Indian Summer is over; it’s cold again. A squirrel bending over to groom its genitals tumbles off the branch and lands on the next one down.
Dense fog and silence—the instant wilderness found inside a cloud. A leaf falls 100 feet away and I hear the soft rustle when it lands.
Muddy footprints cross the porch and stop in front of my chair. Their probable owner crouches nearby in the rain like an evicted squatter.
Warm and wet—almost a March day, were it not for that rustle the rain makes on leaves, still crisp and curled in the first blush of death.

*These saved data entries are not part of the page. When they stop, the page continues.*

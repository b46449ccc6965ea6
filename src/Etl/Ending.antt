-- ===== src/Etl/Ending.antt =====
-- etl/job.go: a job ends once.
use go_library.Prelude.{◌≡◌, refl, ap, ◌∙◌, false, true, Option, some, String, List, get_elem?}
use go_library.Runtime.{Runtime}
use go_library.Logger.Value.{Attr}
use go_library.Logger.State.{Lifecycle, World, now}
use go_library.Logger.Context.{Context}
use go_library.Logger.Lifecycle.Completion.{finish_marks}
use go_library.Logger.Lifecycle.Interleaving.{Steps, reads, finish-Steps_ended}
use go_library.Logger.Handler.Effects.{log-Frame}
use go_library.Etl.{Job, complete_job, fail_job}

module _ (rt : Runtime) (j : Job) (lc : Lifecycle) (w : World)
    (found : get_elem? w.lifecycles j.lc ≡ some lc) (open_ : lc.ended ≡ false) where
  -- The lifecycle of the job has ended.
  abbrev HasEnded : World → Type 0
  HasEnded u = get_elem? u.lifecycles j.lc ≡ some (record lc { ended = true })

  complete_ended :
      (ctx : Context) (attrs : List Attr) (u : World) {v : World}
      → HasEnded u
      → Steps rt u v
      → complete_job rt j ctx attrs v ≡ (tt, (now rt v).1)
  unfolding complete_job now
  complete_ended ctx attrs u h steps =
      finish-Steps_ended rt j.lc (record lc { ended = true }) u h refl (reads steps) ctx _

  complete-HasEnded :
      (ctx : Context) (attrs : List Attr) → HasEnded (complete_job rt j ctx attrs w).1
  unfolding complete_job now
  complete-HasEnded ctx attrs = (finish_marks rt j.lc lc ctx _ (now rt w).1 found open_).0

  fail-HasEnded :
      (ctx : Context) (e : Option String) (attrs : List Attr)
      → HasEnded (fail_job rt j ctx e attrs w).1
  unfolding fail_job now
  fail-HasEnded ctx e attrs =
      (finish_marks rt j.lc lc ctx _ _
        (ap (λ ls. get_elem? ls j.lc) (log-Frame rt _ _ _ _ _ _).lifecycles ∙ found) open_).0

  -- For a job whose lifecycle has not ended: after `Complete`, and after `Fail`, a further `Complete`
  -- writes no line and changes nothing, whatever operations of the logger package come in between; it
  -- does no more than read the clock.
  pub complete_job_once :
      (ctx ctx' : Context) (e : Option String) (attrs attrs' : List Attr)
      → let u = (complete_job rt j ctx attrs w).1 in
        let v = (fail_job rt j ctx e attrs w).1 in
        ((u' : World) → Steps rt u u' → complete_job rt j ctx' attrs' u' ≡ (tt, (now rt u').1))
        × ((v' : World) → Steps rt v v' → complete_job rt j ctx' attrs' v' ≡ (tt, (now rt v').1))
  complete_job_once ctx ctx' e attrs attrs' = (
    λ v steps. complete_ended ctx' attrs' _ (complete-HasEnded ctx attrs) steps,
    λ v steps. complete_ended ctx' attrs' _ (fail-HasEnded ctx e attrs) steps,
  )
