-- ===== src/Logger/Lifecycle/Opening.antt =====
-- logger/lifecycle.go: what `StartRequest` leaves behind, and how long it stays.
use go_library.Prelude.{
  ℕ, ◌≡◌, refl, sym, ap, ◌∙◌, String, false, Bool-cases, Option-cases, inl, inr, Option, some, none,
  List, [], length, get_elem?, set, get_elem?-append_last, get_elem?-set_self, get_elem?-set_ne,
  ◌==◌, string_eq,
}
use native.Mathlib.Decide.{ℕ_discrete}
use go_library.Runtime.{Runtime}
use go_library.Logger.Value.{Attr}
use go_library.Logger.Level.{Level}
use go_library.Logger.State.{Logger, Lifecycle, World}
use go_library.Logger.Context.{Context, request_id, ensure_request_id}
use go_library.Logger.Handler.{log}
use go_library.Logger.Handler.Effects.{log-Frame}
use go_library.Logger.Lifecycle.{start_request, stage, add_stage, stage_at}

-- A trace that was started and has not ended.
pub record IsOpen (l : Logger) (name : String) (p : ℕ) (w : World) : Type 0 where
  pub lc : Lifecycle
  pub found : get_elem? w.lifecycles p ≡ some lc
  pub not_ended : lc.ended ≡ false
  pub same_log : lc.log ≡ l
  pub same_name : lc.name ≡ name

module _ (rt : Runtime) where
  pub ensure_request_id-levels :
      (ctx : Context) (w : World) → (ensure_request_id rt ctx w).1.levels ≡ w.levels
  unfolding ensure_request_id
  ensure_request_id-levels ctx w = elim (Bool-cases (request_id ctx == "")) [
    | inl e ↦ rw (e, ensure_request_id) refl
    | inr e ↦ rw (e, ensure_request_id) refl
  ]

  pub start_request-IsOpen :
      (l : Logger) (ctx : Context) (name : String) (attrs : List Attr) (w : World)
      → let ((ctx', p), w') = start_request rt l ctx name attrs w in IsOpen l name p w'
  unfolding start_request
  start_request-IsOpen l ctx name attrs w =
      let w1 = (ensure_request_id rt ctx w).1 in
      let lc : Lifecycle = record {
        name = name;
        start = rt.clock w1.clock_reads;
        log = l;
        last_stage = rt.clock w1.clock_reads;
        stage_list = [];
        ended = false;
      } in
      record {
        lc = lc;
        found =
            ap (λ lcs. get_elem? lcs (length w1.lifecycles)) (log-Frame rt _ _ _ _ _ _).lifecycles
            ∙ get_elem?-append_last w1.lifecycles lc;
        not_ended = refl;
        same_log = refl;
        same_name = refl;
      }

  -- The levels stay, and the context carries the new trace and the request id that was there.
  pub start_request-levels :
      (l : Logger) (ctx : Context) (name : String) (attrs : List Attr) (w : World)
      → (start_request rt l ctx name attrs w).1.levels ≡ w.levels
  unfolding start_request
  start_request-levels l ctx name attrs w =
      (log-Frame rt _ _ _ _ _ _).levels ∙ ensure_request_id-levels ctx w

  pub request_id-start_request :
      (l : Logger) (ctx : Context) (name : String) (attrs : List Attr) (w : World)
      → request_id (start_request rt l ctx name attrs w).0.0
        ≡ request_id (ensure_request_id rt ctx w).0.0
  unfolding start_request request_id
  request_id-start_request l ctx name attrs w = refl

  -- A trace stays open where the traces stay as they are.
  pub moved :
      {l : Logger} {name : String} {p : ℕ} {w w' : World}
      → w'.lifecycles ≡ w.lifecycles
      → IsOpen l name p w
      → IsOpen l name p w'
  moved {p = p} e o = record {
    lc = o.lc;
    found = ap (λ lcs. get_elem? lcs p) e ∙ o.found;
    not_ended = o.not_ended;
    same_log = o.same_log;
    same_name = o.same_name;
  }

  -- A log call keeps a trace open, and so does a stage, of whatever trace.
  pub log-IsOpen :
      (k : Logger) (level : Level) (ctx : Context) (msg : String) (args : List Attr) {l : Logger}
      {name : String} {p : ℕ} {w : World}
      → IsOpen l name p w
      → IsOpen l name p (log rt k level ctx msg args w).1
  log-IsOpen k level ctx msg args {w = w} o =
      moved (log-Frame rt k level ctx msg args w).lifecycles o

  pub stage-levels :
      (q : Option ℕ) (ctx : Context) (name : String) (attrs : List Attr) (w : World)
      → (stage rt q ctx name attrs w).1.levels ≡ w.levels
  unfolding stage
  stage-levels none ctx name attrs w = refl
  stage-levels (some q) ctx name attrs w = elim (Option-cases (get_elem? w.lifecycles q)) [
    | inl e ↦ rw (e, stage) refl
    | inr (lc, e) ↦ rw (e, stage) (log-Frame rt _ _ _ _ _ _).levels
  ]

  staged :
      (q p : ℕ) (lc : Lifecycle) (name : String) (t : ℕ) (l : Logger) (tag : String) (w : World)
      → get_elem? w.lifecycles q ≡ some lc
      → IsOpen l tag p w
      → IsOpen l tag p (record w { lifecycles = set w.lifecycles q (add_stage rt lc name t) })
  unfolding add_stage
  staged q p lc name t l tag w e o = elim (ℕ_discrete q p) [
    | yes same ↦
        let x : o.lc ≡ lc = cc (same, e, o.found) in
        record {
          lc = add_stage rt lc name t;
          found = rw (← same) (get_elem?-set_self w.lifecycles q _ e);
          not_ended = ap (λ c. c.ended) (sym x) ∙ o.not_ended;
          same_log = ap (λ c. c.log) (sym x) ∙ o.same_log;
          same_name = ap (λ c. c.name) (sym x) ∙ o.same_name;
        }
    | no ne ↦ record {
      lc = o.lc;
      found = get_elem?-set_ne w.lifecycles q p _ ne ∙ o.found;
      not_ended = o.not_ended;
      same_log = o.same_log;
      same_name = o.same_name;
    }
  ]

  pub stage-IsOpen :
      (q : Option ℕ) (ctx : Context) (tag : String) (attrs : List Attr) {l : Logger} {name : String}
      {p : ℕ} {w : World}
      → IsOpen l name p w
      → IsOpen l name p (stage rt q ctx tag attrs w).1
  unfolding stage stage_at
  stage-IsOpen none ctx tag attrs o = o
  stage-IsOpen (some q) ctx tag attrs {w = w} o = elim (Option-cases (get_elem? w.lifecycles q)) [
    | inl e ↦ rw (e, stage) o
    | inr (lc, e) ↦
        rw (e, stage) (log-IsOpen _ _ _ _ _ (staged q _ lc tag _ _ _ _ e (moved refl o)))
  ]
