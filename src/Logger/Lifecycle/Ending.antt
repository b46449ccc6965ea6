-- ===== src/Logger/Lifecycle/Ending.antt =====
-- logger/lifecycle.go: the one completion of a trace that was started.
use go_library.Prelude.{ℕ, ◌≡◌, ap, ◌∙◌, String, true, some, List, [], ◌∷◌, ◌++◌}
use go_library.Runtime.{Runtime}
use go_library.Logger.Value.{Attr}
use go_library.Logger.Level.{level_info}
use go_library.Logger.State.{Logger, Lifecycle, Record, World}
use go_library.Logger.Context.{Context}
use go_library.Logger.Handler.{enabled}
use go_library.Logger.Handler.Effects.{line_of}
use go_library.Logger.Lifecycle.{finish}
use go_library.Logger.Lifecycle.Completion.{IsCompletion, finish_line}
use go_library.Logger.Lifecycle.Interleaving.{Steps, finish-Steps_once}
use go_library.Logger.Lifecycle.Opening.{IsOpen}

module _ (rt : Runtime) (l : Logger) (name : String) (p : ℕ) (ctx : Context)
    (attrs : List Attr) where
  -- From `w` to `w'` one line was written, the completion of the trace of this name with these
  -- attributes, and to end the trace again changes nothing, whatever operations of the logger package
  -- come in between.
  pub record Completed (w w' : World) : Type 0 where
    pub lc : Lifecycle
    pub rec : Record
    pub same_name : lc.name ≡ name
    pub completion : IsCompletion rt lc attrs w rec
    pub one_line : w'.lines ≡ w.lines ++ line_of rt l.handler ctx rec ∷ []
    pub once :
        {v : World}
        → Steps rt w' v
        → (ctx' : Context) (attrs' : List Attr) → finish rt (some p) ctx' attrs' v ≡ (tt, v)

  pub finish-Completed :
      (w : World)
      → enabled rt l.handler w level_info ≡ true
      → IsOpen l name p w
      → Completed w (finish rt (some p) ctx attrs w).1
  finish-Completed w on o =
      let on' : enabled rt o.lc.log.handler w level_info ≡ true =
        ap (λ k. enabled rt k.handler w level_info) o.same_log ∙ on in
      let (rec, completion, lines) = finish_line rt p o.lc ctx attrs w o.found o.not_ended on' in
      record {
        lc = o.lc;
        rec = rec;
        same_name = o.same_name;
        completion = completion;
        one_line = lines ∙ ap (λ k. w.lines ++ line_of rt k.handler ctx rec ∷ []) o.same_log;
        once = λ steps ctx' attrs'.
            finish-Steps_once rt p o.lc ctx ctx' attrs attrs' w o.found o.not_ended steps;
      }
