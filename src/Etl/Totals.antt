-- ===== src/Etl/Totals.antt =====
-- etl/job.go: the counters of a job have the sums of its counts.
use mathlib.Core.Path.{ap₂}
use go_library.Prelude.{
  ℕ, ℤ, ◌≡◌, refl, ◌∙◌, List, [], ◌∷◌, All, inl, inr, ◌+ℤ◌, +ℤ_parts, eq_of_parts, pos_part,
  neg_part, ◌+◌, ◌*◌, ◌^◌, arith,
}
use go_library.GoTime.{IsInt64}
use go_library.Etl.{Job, add_int64, add_processed, add_failed}
use go_library.Etl.Counting.{
  Count, done, lost, IsCounted, count, count_all, IsJob, count-IsJob, add_int64_cases,
}

-- The sums of the counts, which do not wrap around.
abbrev pub sum_done : ℤ → List Count → ℤ
sum_done t [] = t
sum_done t (done n ∷ cs) = sum_done (t +ℤ n) cs
sum_done t (lost n ∷ cs) = sum_done t cs

abbrev pub sum_lost : ℤ → List Count → ℤ
sum_lost t [] = t
sum_lost t (done n ∷ cs) = sum_lost t cs
sum_lost t (lost n ∷ cs) = sum_lost (t +ℤ n) cs

-- Two integers that differ by a multiple of 2 ^ 64.
record IsOff (p t : ℤ) : Type 0 where
  a : ℕ
  b : ℕ
  parts : pos_part p + neg_part t + a * 2 ^ 64 ≡ neg_part p + pos_part t + b * 2 ^ 64

IsOff-refl : (p : ℤ) → IsOff p p
IsOff-refl p = record { a = 0; b = 0; parts = omega arith }

IsOff-add : (p t n : ℤ) → IsInt64 p → IsInt64 n → IsOff p t → IsOff (add_int64 p n) (t +ℤ n)
IsOff-add p t n hp hn o =
    let e = o.parts in
    elim (add_int64_cases p n hp hn) [
      | inl same ↦ record { a = o.a; b = o.b; parts = omega (arith, e, same, +ℤ_parts t n) }
      | inr (inl less) ↦ record {
        a = o.a + 1;
        b = o.b;
        parts = omega (arith, e, less, +ℤ_parts t n);
      }
      | inr (inr more) ↦ record {
        a = o.a;
        b = o.b + 1;
        parts = omega (arith, e, more, +ℤ_parts t n);
      }
    ]

-- In the range of int64 they are the same.
IsOff-eq : (p t : ℤ) → IsInt64 p → IsInt64 t → IsOff p t → p ≡ t
IsOff-eq p t (lp, hp) (lt, ht) o = let e = o.parts in eq_of_parts p t (omega arith)

count_all-IsJob : (j : Job) (cs : List Count) → IsJob j → All IsCounted cs → IsJob (count_all j cs)
unfolding count_all
count_all-IsJob j [] i h = i
count_all-IsJob j (c ∷ cs) i (x, hs) = count_all-IsJob (count j c) cs (count-IsJob j c i x) hs

count_all-IsOff :
    (j : Job) (s t : ℤ) (cs : List Count)
    → IsJob j
    → All IsCounted cs
    → IsOff j.processed s
    → IsOff j.failed t
    → IsOff (count_all j cs).processed (sum_done s cs)
      × IsOff (count_all j cs).failed (sum_lost t cs)
unfolding count_all count add_processed add_failed
count_all-IsOff j s t [] i h p q = (p, q)
count_all-IsOff j s t (done n ∷ cs) i (x, hs) p q =
    count_all-IsOff (add_processed j n) (s +ℤ n) t cs (count-IsJob j (done n) i x) hs
      (IsOff-add j.processed s n i.processed x p) q
count_all-IsOff j s t (lost n ∷ cs) i (x, hs) p q =
    count_all-IsOff (add_failed j n) s (t +ℤ n) cs (count-IsJob j (lost n) i x) hs p
      (IsOff-add j.failed t n i.failed x q)

-- The counts change nothing else of a job.
count_all-frame :
    (j : Job) (cs : List Count)
    → count_all j cs
      ≡ record j { processed = (count_all j cs).processed; failed = (count_all j cs).failed }
unfolding count_all count add_processed add_failed
count_all-frame j [] = refl
count_all-frame j (done n ∷ cs) = count_all-frame (add_processed j n) cs
count_all-frame j (lost n ∷ cs) = count_all-frame (add_failed j n) cs

-- With sums in the range of int64 the counters have these sums, whatever wrapped around in between.
pub count_all_exact :
    (j : Job) (cs : List Count)
    → IsJob j
    → All IsCounted cs
    → IsInt64 (sum_done j.processed cs)
    → IsInt64 (sum_lost j.failed cs)
    → count_all j cs
      ≡ record j { processed = sum_done j.processed cs; failed = sum_lost j.failed cs }
count_all_exact j cs i h x y =
    let k = count_all-IsJob j cs i h in
    let (p, q) =
      count_all-IsOff j j.processed j.failed cs i h (IsOff-refl j.processed)
        (IsOff-refl j.failed) in
    let a = IsOff-eq _ _ k.processed x p in
    let b = IsOff-eq _ _ k.failed y q in
    count_all-frame j cs ∙ ap₂ (λ m n. record j { processed = m; failed = n }) a b
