-- ===== src/Etl/Reporting.antt =====
-- etl/job.go: the completion of a job reports what the job counted.
use go_library.Prelude.{
  ℕ, ℤ, pos, Option, ◌≡◌, refl, ◌∙◌, true, String, ◌<>◌, List, [], ◌∷◌, ◌++◌, All, ◌-◌, arith,
}
use go_library.Runtime.{Runtime}
use go_library.GoTime.{IsInt64}
use go_library.Logger.Value.{Attr, text, scalar, int}
use go_library.Logger.Level.{level_info}
use go_library.Logger.State.{Logger, World, now}
use go_library.Logger.Context.{Context}
use go_library.Logger.Handler.{enabled, error, err_attr}
use go_library.Logger.Handler.Effects.{log-Frame, enabled_congr}
use go_library.Logger.Lifecycle.Opening.{
  IsOpen, moved, log-IsOpen, stage-IsOpen, stage-levels, start_request-IsOpen,
}
use go_library.Logger.Lifecycle.Ending.{Completed, finish-Completed}
use go_library.Etl.{Job, rate, start_job, checkpoint, complete_job, fail_job}
use go_library.Etl.Counting.{Count, IsCounted, count, count_all}
use go_library.Etl.Totals.{sum_done, sum_lost, count_all_exact}

-- What a job does between its start and its end: it counts, and makes checkpoints.
pub data Work : Type 0 where
  counts : Count → Work
  checks : Context → String → List Attr → Work

abbrev pub counts_of : List Work → List Count
counts_of [] = []
counts_of (counts c ∷ ws) = c ∷ counts_of ws
counts_of (checks ctx name attrs ∷ ws) = counts_of ws

-- The job with the sums of its counts.
abbrev pub summed : List Work → Job → Job
summed ws j = record j {
  processed = sum_done (pos 0) (counts_of ws);
  failed = sum_lost (pos 0) (counts_of ws);
}

-- The attributes of the summary of a job that processed and lost this many records.
abbrev pub summary_of : String → String → ℤ → ℤ → ℤ → List Attr
summary_of name status m n d =
    ("etl.job", text name)
    ∷ ("etl.status", text status)
    ∷ ("etl.recordsProcessed", scalar (int m))
    ∷ ("etl.recordsFailed", scalar (int n))
    ∷ rate m d
    ∷ []

module _ (rt : Runtime) where
  unfoldable pub work_all : List Work → Job → World → Job × World
  work_all [] j w = (j, w)
  work_all (counts c ∷ ws) j w = work_all ws (count j c) w
  work_all (checks ctx name attrs ∷ ws) j w = work_all ws j (checkpoint rt j ctx name attrs w).1

  work_all-counts :
      (ws : List Work) (j : Job) (w : World) → (work_all ws j w).0 ≡ count_all j (counts_of ws)
  unfolding work_all count_all
  work_all-counts [] j w = refl
  work_all-counts (counts c ∷ ws) j w = work_all-counts ws (count j c) w
  work_all-counts (checks ctx name attrs ∷ ws) j w =
      work_all-counts ws j (checkpoint rt j ctx name attrs w).1

  work_all-levels : (ws : List Work) (j : Job) (w : World) → (work_all ws j w).1.levels ≡ w.levels
  unfolding work_all checkpoint now
  work_all-levels [] j w = refl
  work_all-levels (counts c ∷ ws) j w = work_all-levels ws (count j c) w
  work_all-levels (checks ctx name attrs ∷ ws) j w =
      work_all-levels ws j (checkpoint rt j ctx name attrs w).1
      ∙ (log-Frame rt _ _ _ _ _ _).levels
      ∙ stage-levels rt _ _ _ _ _

  work_all-IsOpen :
      (ws : List Work) (j : Job) {l : Logger} {name : String} {p : ℕ} (w : World)
      → IsOpen l name p w
      → IsOpen l name p (work_all ws j w).1
  unfolding work_all checkpoint now
  work_all-IsOpen [] j w o = o
  work_all-IsOpen (counts c ∷ ws) j w o = work_all-IsOpen ws (count j c) w o
  work_all-IsOpen (checks ctx tag attrs ∷ ws) j w o =
      work_all-IsOpen ws j (checkpoint rt j ctx tag attrs w).1
        (log-IsOpen rt _ _ _ _ _ (stage-IsOpen rt _ _ _ _ (moved rt refl o)))

  start_job-IsOpen :
      (l : Logger) (ctx : Context) (name : String) (attrs : List Attr) (w : World)
      → let ((ctx1, j), u) = start_job rt l ctx name attrs w in IsOpen l ("etl " <> name) j.lc u
  unfolding start_job now
  start_job-IsOpen l ctx name attrs w =
      log-IsOpen rt _ _ _ _ _ (moved rt refl (start_request-IsOpen rt l ctx _ attrs w))

  complete_job-Completed :
      (l : Logger) (name : String) (j : Job) (ctx : Context) (attrs : List Attr) (v : World)
      → enabled rt l.handler v level_info ≡ true
      → IsOpen l ("etl " <> name) j.lc v
      → Completed rt l
          ("etl " <> name)
          j.lc
          ctx
          (summary_of j.name "completed" j.processed j.failed (pos ((now rt v).0 - j.start))
            ++ attrs)
          (now rt v).1
          (complete_job rt j ctx attrs v).1
  unfolding complete_job now
  complete_job-Completed l name j ctx attrs v on o =
      finish-Completed rt l _ _ _ _ _ (enabled_congr rt l.handler v _ level_info refl ∙ on)
        (moved rt refl o)

  -- The world after the line of a failure, with the summary at its time.
  abbrev pub failed_line : Job → Context → Option String → List Attr → World → World
  failed_line j ctx e attrs v =
      let (t, v1) = now rt v in
      (error rt j.log ctx "etl job failed"
        ((summary_of j.name "failed" j.processed j.failed (pos (t - j.start)) ++ err_attr e ∷ [])
          ++ attrs)
        v1).1

  fail_job-Completed :
      (l : Logger) (name : String) (j : Job) (ctx : Context) (e : Option String) (attrs : List Attr)
      (v : World)
      → enabled rt l.handler v level_info ≡ true
      → IsOpen l ("etl " <> name) j.lc v
      → let x = failed_line j ctx e attrs v in
        Completed rt l
          ("etl " <> name)
          j.lc
          ctx
          (summary_of j.name "failed" j.processed j.failed (pos ((now rt x).0 - j.start)) ++ attrs)
          (now rt x).1
          (fail_job rt j ctx e attrs v).1
  unfolding fail_job now
  fail_job-Completed l name j ctx e attrs v on o =
      finish-Completed rt l _ _ _ _ _
        (enabled_congr rt l.handler v _ level_info (log-Frame rt _ _ _ _ _ _).levels ∙ on)
        (moved rt refl (log-IsOpen rt _ _ _ _ _ (moved rt refl o)))

  -- A job that `StartJob` began in any world, at a logger with the info level enabled then, after any
  -- sequence of counts, each an int64, and of checkpoints. If the sum of all records processed and
  -- that of all that failed are int64, whatever wrapped around in between: `Complete` writes one line,
  -- the completion of the trace of the job, with these sums, the status and the rate over the time
  -- since the start; and `Fail` does so after it logged the error with the summary at that time. To
  -- end the trace again changes nothing, whatever operations of the logger package come in between.
  pub jobs-Completed :
      (l : Logger) (ctx ctx' : Context) (name : String) (e : Option String)
      (attrs attrs' : List Attr) (ws : List Work) (w : World)
      → All IsCounted (counts_of ws)
      → IsInt64 (sum_done (pos 0) (counts_of ws))
      → IsInt64 (sum_lost (pos 0) (counts_of ws))
      → let ((ctx1, j), u) = start_job rt l ctx name attrs w in
        enabled rt l.handler u level_info ≡ true
        → let (j', v) = work_all ws j u in
          let m = sum_done (pos 0) (counts_of ws) in
          let n = sum_lost (pos 0) (counts_of ws) in
          let x = failed_line (summed ws j) ctx' e attrs' v in
          Completed rt l
            ("etl " <> name)
            j.lc
            ctx'
            (summary_of name "completed" m n (pos ((now rt v).0 - j.start)) ++ attrs')
            (now rt v).1
            (complete_job rt j' ctx' attrs' v).1
          × Completed rt l
              ("etl " <> name)
              j.lc
              ctx'
              (summary_of name "failed" m n (pos ((now rt x).0 - j.start)) ++ attrs')
              (now rt x).1
              (fail_job rt j' ctx' e attrs' v).1
  unfolding start_job
  jobs-Completed l ctx ctx' name e attrs attrs' ws w h x y on =
      let ((ctx1, j), u) = start_job rt l ctx name attrs w in
      let v = (work_all ws j u).1 in
      let counted : (work_all ws j u).0 ≡ summed ws j =
        work_all-counts ws j u
        ∙ count_all_exact j (counts_of ws)
            (record { processed = (omega arith, omega arith); failed = (omega arith, omega arith) })
            h x y in
      let on' = enabled_congr rt l.handler u v level_info (work_all-levels ws j u) ∙ on in
      let open_ = work_all-IsOpen ws j u (start_job-IsOpen l ctx name attrs w) in
      rw counted (
        complete_job-Completed l name (summed ws j) ctx' attrs' v on' open_,
        fail_job-Completed l name (summed ws j) ctx' e attrs' v on' open_,
      )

Mid-morning, and my feet are propped on the rail as usual. A female downy woodpecker lands on my right boot and taps at the worn-down sole.
A grown fawn nuzzles her mother’s flank as if to nurse. The mother whirls around, head lowered, threatening with invisible antlers.
Cold and gray—November weather at last. Oak leaves twirl and somersault past the porch, accompanied by a few motes of snow.
A crow flies off cawing and returns silently to the same tree. In the garden, comfrey leaves have begun turning face-down into the earth.
Another cloudless morning. Sunlight glints on abandoned spider and caterpillar silk in every tree and between them—a threadbare garment.
At 5:15, I’m startled by the dark sky, the closeness of the stars. At daybreak, seven deer stand within a stone’s throw of the porch.
Late morning, I take a break from crisis management to watch a hungry groundhog, his pelt shining brown and orange and silver in the sun.
A Carolina wren breaks the silence, bobbing up and down on the peak of the springhouse roof: one side frosty, the other steaming in the sun.